Мне так много нужно ей сказать, что я даже не знаю, с чего начать. Мне ясно одно: нельзя начинать с причин, которые заставили меня замолчать. Да и Дейзи советовала мне попробовать что-нибудь забавное и легкое – что-нибудь такое, что способно вернуть Мэгги из тех мрачных глубин, в которые она неумолимо погружалась все глубже. «Поговорите с ней о чем-нибудь приятном», – говорила сестра. Проблема, однако, заключалась в том, что я никогда не умел, что называется, «трепать языком». Даже в молодости красноречие не было моей сильной стороной. «Сдержан, немногословен, замкнут» – так было написано в моей школьной характеристике, которую я отправил в университет вместе с заявлением о приеме. Моя мать всегда считала меня тихоней – так во всяком случае она описывала мой характер своим подругам, родственникам и даже разъездной мозольной операторше, которая являлась к нам со своим набором пемз и терок каждую четвертую субботу месяца. Да, подумалось мне, сейчас от меня примерно столько же пользы, сколько от зонтика во время урагана. Как я вообще смогу сделать то, что от меня требуется?

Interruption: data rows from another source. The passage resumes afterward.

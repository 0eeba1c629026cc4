-- ===== src/DataBase/Recording.antt =====
-- What `push_transactions` of src/data_base.cpp leaves in the databases of transactions, at heights
-- that are not indexed.
use bitprim_database.Prelude.{
  ℕ, ◌+◌, ◌≤◌, ◌<◌, ◌^◌, ◌≡◌, ◌∙◌, refl, ap, List, [], ◌∷◌, arith, lt→ltb, if◌then◌else◌, length,
  All, Bytes, bytes_eq,
}
use bitprim_database.Run.{◌>>=◌, Returns}
use bitprim_database.Endian.{Endian, array_index_bound}
use bitprim_database.VariableUint.{VariableUint}
use bitprim_database.MemoryMap.{Os}
use bitprim_database.MemoryMap.Growth.{Works, max_exact}
use bitprim_database.Buckets.{Hash}
use bitprim_database.Buckets.Contents.{pop}
use bitprim_database.UnspentOutputs.Cache.{IsCache}
use bitprim_database.TransactionDatabase.Entries.{Entry}
use bitprim_database.TransactionDatabase.Finding.{Keeps}
use bitprim_database.TransactionDatabase.Storing.{stored, store_transaction-Grows}
use bitprim_database.TransactionUnconfirmedDatabase.Transactions.{Pools, unlink_if_exists-Pools}
use bitprim_database.Store.{FileName, transaction_table}
use bitprim_database.DataBase.{Transaction, ChainBlock, Library, DataBase, hash_of}
use bitprim_database.DataBase.Writers.{push_transaction, push_transactions}
use bitprim_database.DataBase.Pushing.{push_each, push_transactions-push_each}

-- The stacks of transactions after those of a block are stored, each at its position.
abbrev pub recorded : ℕ → List Transaction → ℕ → (Bytes → List Entry) → Bytes → List Entry
recorded height [] position m = m
recorded height (tx ∷ txs) position m =
    recorded height txs (position + 1)
      (λ q. if bytes_eq q (hash_of tx) then stored tx.stored height position (m q) else m q)

-- The pool without the newest transaction under the hash of each.
abbrev pub unpooled : List Transaction → (Bytes → List Bytes) → Bytes → List Bytes
unpooled [] p = p
unpooled (tx ∷ txs) p = unpooled txs (λ q. if bytes_eq q (hash_of tx) then pop (p q) else p q)

-- The bytes that the slabs of the transactions take.
abbrev pub slabs_size : List Transaction → ℕ
slabs_size [] = 0
slabs_size (tx ∷ txs) = 40 + (8 + tx.stored.serialized_size) + slabs_size txs

-- A hash and a size of the format.
pub record IsFormed (tx : Transaction) : Type 0 where
  pub hash : length (hash_of tx) ≡ 32
  pub body : length tx.stored.body ≡ tx.stored.serialized_size
  pub outputs : length tx.stored.transaction.outputs < 2 ^ 32

module _ ⦃en : Endian⦄ (hash : Hash) where
  -- The transactions `m` with a well formed cache, and the unconfirmed ones `p`.
  pub record Records (db : DataBase) (m : Bytes → List Entry) (p : Bytes → List Bytes)
      : Type 0 where
    pub transactions : Keeps hash db.transactions m
    pub cache : IsCache db.transactions.cache
    pub pool : Pools hash db.transactions_unconfirmed p

  -- The slabs of the transactions have room.
  abbrev pub HasRoomForAll : List Transaction → DataBase → Type 0
  HasRoomForAll txs db =
      db.transactions.lookup_map.manager.header_size
        + (db.transactions.lookup_map.manager.payload_size + slabs_size txs)
      ≤ max_exact

  -- The other databases and the settings are the same.
  abbrev pub SameRest : DataBase → DataBase → Type 0
  SameRest db db' = db' ≡ record db {
    transactions = db'.transactions;
    transactions_unconfirmed = db'.transactions_unconfirmed;
  }

  module _ ⦃var : VariableUint⦄ (library : Library) (os : FileName → Os)
      (works : Works (os transaction_table)) (height : ℕ) (small : height < array_index_bound) where
    push_transaction-Records :
        (tx : Transaction) (rest position : ℕ) (db : DataBase) (m : Bytes → List Entry)
        (p : Bytes → List Bytes)
        → height < db.index_start_height
        → position < array_index_bound
        → IsFormed tx
        → db.transactions.lookup_map.manager.header_size
            + (db.transactions.lookup_map.manager.payload_size
                + (40 + (8 + tx.stored.serialized_size) + rest))
          ≤ max_exact
        → Records db m p
        → Returns (push_transaction hash library os tx height position db) (λ db'.
          Records db'
            (λ q. if bytes_eq q (hash_of tx) then stored tx.stored height position (m q) else m q)
            (λ q. if bytes_eq q (hash_of tx) then pop (p q) else p q)
          × SameRest db db'
          × (db'.transactions.lookup_map.manager.header_size
                + (db'.transactions.lookup_map.manager.payload_size + rest)
              ≤ max_exact))
    unfolding push_transaction
    push_transaction-Records tx rest position db m p off small' formed room h =
        let (transactions, run, (keeps, cached, grows)) =
          store_transaction-Grows hash works tx.stored height position small small' db.transactions
            m h.transactions h.cache
            (record {
              hash = formed.hash;
              body = formed.body;
              outputs = formed.outputs;
              slab = omega (arith, room);
            }) in
        let ((found, pool), run', (same, pools)) =
          unlink_if_exists-Pools hash db.transactions_unconfirmed p (hash_of tx) h.pool
            formed.hash in
        (
          record db { transactions = transactions; transactions_unconfirmed = pool },
          rw (run, ◌>>=◌, run', lt→ltb height db.index_start_height off),
          (
            record { transactions = keeps; cache = cached; pool = pools },
            refl,
            omega (arith, room, grows.header, grows.payload),
          ),
        )

    push_each-Records :
        (txs : List Transaction) (position : ℕ) (db : DataBase) (m : Bytes → List Entry)
        (p : Bytes → List Bytes)
        → height < db.index_start_height
        → position + length txs ≤ array_index_bound
        → All IsFormed txs
        → HasRoomForAll txs db
        → Records db m p
        → Returns
            (push_each hash library os height txs position db)
            (λ db'. Records db' (recorded height txs position m) (unpooled txs p) × SameRest db db')
    push_each-Records [] position db m p off few formed room h = (db, refl, (h, refl))
    push_each-Records (tx ∷ txs) position db m p off few (f, fs) room h =
        let (db₁, run, (h₁, same, room₁)) =
          push_transaction-Records tx (slabs_size txs) position db m p off (omega (arith, few)) f
            room h in
        let start : db₁.index_start_height ≡ db.index_start_height =
          ap (λ (x : DataBase). x.index_start_height) same in
        let (db₂, run₂, (h₂, same₂)) =
          push_each-Records txs (position + 1) db₁ _ _ (omega (arith, off, start))
            (omega (arith, few)) fs room₁ h₁ in
        (
          db₂,
          rw (run, ◌>>=◌) run₂,
          (
            h₂,
            same₂
                ∙ ap
                    (λ (x : DataBase). record x {
                      transactions = db₂.transactions;
                      transactions_unconfirmed = db₂.transactions_unconfirmed;
                    })
                    same,
          ),
        )

    -- `push_transactions` with its default arguments, of at most 2 ^ 32 transactions of the sizes
    -- of the format at a height of 32 bits below the first that is indexed, on a database with the
    -- transactions `m` under a well formed cache and the unconfirmed ones `p`, returns where the
    -- system calls succeed and there is room for the slabs. The transactions of the block are then
    -- stored in order, each at its position: one of the pool whose position is neither 0 nor the
    -- one of the unconfirmed gives its height and its position to the newest of its hash, if there
    -- is one, and any other becomes the newest of its hash. For each of them the newest unconfirmed
    -- transaction of its hash is gone, the cache is well formed, and all other databases are the
    -- same.
    pub push_transactions-Records :
        (block : ChainBlock) (db : DataBase) (m : Bytes → List Entry) (p : Bytes → List Bytes)
        → height < db.index_start_height
        → length block.transactions ≤ array_index_bound
        → All IsFormed block.transactions
        → HasRoomForAll block.transactions db
        → Records db m p
        → Returns (push_transactions hash library os block height 0 1 db) (λ db'.
          Records db' (recorded height block.transactions 0 m) (unpooled block.transactions p)
          × SameRest db db')
    push_transactions-Records block db m p off few formed room h =
        let (db', run, result) =
          push_each-Records block.transactions 0 db m p off (omega (arith, few)) formed room h in
        (
          db',
          push_transactions-push_each hash library os height block db (omega (arith, few)) ∙ run,
          result,
        )
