-- ===== src/DataBase/Startup.antt =====
-- The construction and `create` of src/data_base.cpp.
use bitprim_database.Prelude.{ℕ, ◌-◌, Bool, true, false, not, ◌&&◌, ltb, if◌then◌else◌}
use bitprim_database.Run.{Run, ok, ◌>>=◌}
use bitprim_database.Endian.{Endian, array_index_bound}
use bitprim_database.VariableUint.{VariableUint}
use bitprim_database.MemoryMap.{Os, MemoryMap}
use bitprim_database.Buckets.{Hash}
use bitprim_database.BlockDatabase as Blocks
use bitprim_database.TransactionDatabase as Transactions
use bitprim_database.TransactionUnconfirmedDatabase as Unconfirmed
use bitprim_database.SpendDatabase as Spends
use bitprim_database.HistoryDatabase as History
use bitprim_database.StealthDatabase as Stealth
use bitprim_database.Store as Locking
use bitprim_database.Store.{
  Locks, FileName, block_table, block_index, transaction_table, transaction_unconfirmed_table,
  spend_table, history_table, history_rows, stealth_rows,
}
use bitprim_database.DataBase.{ChainBlock, Library, DataBase}
use bitprim_database.DataBase.Writers.{push}

pub record Settings : Type 0 where
  pub index_start_height : ℕ
  pub flush_writes : Bool
  pub block_table_buckets : ℕ
  pub transaction_table_buckets : ℕ
  pub transaction_unconfirmed_table_buckets : ℕ
  pub spend_table_buckets : ℕ
  pub history_table_buckets : ℕ
  pub cache_capacity : ℕ

-- `store::without_indexes`.
abbrev pub without_indexes : ℕ
without_indexes = array_index_bound - 1

-- The constructor, and `start`, over the files by their names. The databases of the indexes are
-- not used without indexes.
unfoldable pub start : Settings → (FileName → MemoryMap) → DataBase
start settings files = record {
  closed = true;
  index_start_height = settings.index_start_height;
  store = Locking.store (ltb settings.index_start_height without_indexes) settings.flush_writes;
  blocks =
      Blocks.block_database (files block_table) (files block_index) settings.block_table_buckets;
  transactions =
      Transactions.transaction_database (files transaction_table) settings.transaction_table_buckets
        settings.cache_capacity;
  transactions_unconfirmed =
      Unconfirmed.transaction_unconfirmed_database (files transaction_unconfirmed_table)
        settings.transaction_unconfirmed_table_buckets;
  spends = Spends.spend_database (files spend_table) settings.spend_table_buckets;
  history =
      History.history_database (files history_table) (files history_rows)
        settings.history_table_buckets;
  stealth = Stealth.stealth_database (files stealth_rows);
}

module _ ⦃en : Endian⦄ ⦃var : VariableUint⦄ (hash : Hash) (library : Library)
    (os : FileName → Os) where
  unfoldable pub create_content : DataBase → Run (Bool × DataBase)
  create_content db = do
    (created, blocks) ← Blocks.create (os block_table) (os block_index) db.blocks
    let db₁ = record db { blocks = blocks }
    if not created then ok (false, db₁) else do
      (created', transactions) ← Transactions.create (os transaction_table) db₁.transactions
      let db₂ = record db₁ { transactions = transactions }
      if not created' then ok (false, db₂) else do
        (created'', pool) ←
            Unconfirmed.create (os transaction_unconfirmed_table) db₂.transactions_unconfirmed
        ok (created'', record db₂ { transactions_unconfirmed = pool })

  unfoldable pub create_indexes : DataBase → Run (Bool × DataBase)
  create_indexes db = do
    (created, spends) ← Spends.create (os spend_table) db.spends
    let db₁ = record db { spends = spends }
    if not created then ok (false, db₁) else do
      (created', history) ← History.create (os history_table) (os history_rows) db₁.history
      let db₂ = record db₁ { history = history }
      if not created' then ok (false, db₂) else do
        (created'', stealth) ← Stealth.create (os stealth_rows) db₂.stealth
        ok (created'', record db₂ { stealth = stealth })

  -- The databases are those that `start` has constructed. The result of `push` is not looked at.
  unfoldable pub create_all :
      {State : Type 0}
      → Locks State
      → (FileName → Bool)
      → ChainBlock
      → DataBase
      → State
      → Run (Bool × (DataBase × State))
  create_all locks create_file genesis db s = do
    let (locked, s') = Locking.open_store locks db.store s
    if not locked
        then ok (false, (db, s'))
        else if not (Locking.create create_file db.store)
        then ok (false, (db, s'))
        else do
          (created, db₁) ← create_content db
          (created', db₂) ←
              if not (db.store.use_indexes && created)
              then ok (created, db₁)
              else create_indexes db₁
          if not created' then ok (false, (db₂, s')) else do
            (code, pushed) ← push hash library os locks genesis 0 db₂ s'
            let (db₃, s'') = pushed
            ok (true, (record db₃ { closed = false }, s''))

Выйдя на улицу, я сел в небольшой автобус, который останавливался почти у самых дверей больницы. Он перевозил не людей – страдания… Его пассажиры старались не смотреть друг на друга, не встречаться взглядами, потому что это могло стать последней каплей… или, лучше сказать, последней соломинкой, способной сломать спину и тем, кто страдает, и тем, кто вынужден наблюдать за всеми не слишком приятными и даже постыдными подробностями этих страданий. И как насчет тех, кто причинил своим близким эти страдания? Сомневаюсь, что в этом автобусе их – меня! – встретили бы с распростертыми объятиями, поэтому я занял место у окна, а на свободное сиденье рядом положил свою сумку.

На одном из светофоров я видел, как парочка, собиравшаяся переходить улицу, едва не пропустила зажегшегося зеленого человечка. Эти двое стояли, обняв друг друга за талию, и смотрели друг на друга так пристально, что вообще ничего не замечали. Позади них какая-то семья, состоявшая из родителей, двоих детей и игривого молодого лабрадора разгружала потрепанный «универсал». Несколько студентов ехали по дороге на велосипедах по трое в ряд, не обращая внимания на тащившийся за ними хвост сердито сигналящих автомобилей. Я смотрел на всех этих людей и думал о том, что еще никогда я не был так одинок. Быть может, брак – наш брак – с самого начала служил для нас с Мэгги средством справиться с одиночеством?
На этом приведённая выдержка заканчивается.